All lines from the one with "abbrev shared_limits : ResizableLimits" through the final line below are to be reproduced exactly; omit the others.

Segment Start: Material to process

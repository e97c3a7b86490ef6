-- ===== src/Examples/Entries.antt =====
-- Imports and exports.
use parity_wasm.Base.{◌≢◌, ◌↔◌, ◌≡◌, refl, [], ◌∷◌, true, none, Option, err, ℕ, arith}
use parity_wasm.Elements.Error.{invalid_limits_flags}
use parity_wasm.Elements.Codec.{Restores}
use parity_wasm.Elements.Primitives.Uint8
use parity_wasm.Elements.ImportEntry.{ResizableLimits, deserialize_limits, serialize_limits}
use parity_wasm.Elements.ImportEntry.RoundTrip.{ResizableLimits-Restores_iff}

-- What `MemoryType::new(1, None, true)` holds.
abbrev shared_limits : ResizableLimits
shared_limits = record { initial = 1; maximum = none; shared = true }

ResizableLimits-Restores_iff_example :
    Restores (serialize_limits shared_limits) deserialize_limits shared_limits
    ↔ (true ≡ true → ◌≢◌ {A = Option ℕ} none none)
ResizableLimits-Restores_iff_example =
    ResizableLimits-Restores_iff shared_limits (omega arith, λ m e. cc e)

refused : deserialize_limits (0x02 ∷ 0x01 ∷ []) ≡ err (invalid_limits_flags 0x02)
unfolding deserialize_limits Uint8.deserialize
refused = refl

Segment End: Material to process

Answer for this exercise:
abbrev shared_limits : ResizableLimits
shared_limits = record { initial = 1; maximum = none; shared = true }

ResizableLimits-Restores_iff_example :
    Restores (serialize_limits shared_limits) deserialize_limits shared_limits
    ↔ (true ≡ true → ◌≢◌ {A = Option ℕ} none none)
ResizableLimits-Restores_iff_example =
    ResizableLimits-Restores_iff shared_limits (omega arith, λ m e. cc e)

refused : deserialize_limits (0x02 ∷ 0x01 ∷ []) ≡ err (invalid_limits_flags 0x02)
unfolding deserialize_limits Uint8.deserialize
refused = refl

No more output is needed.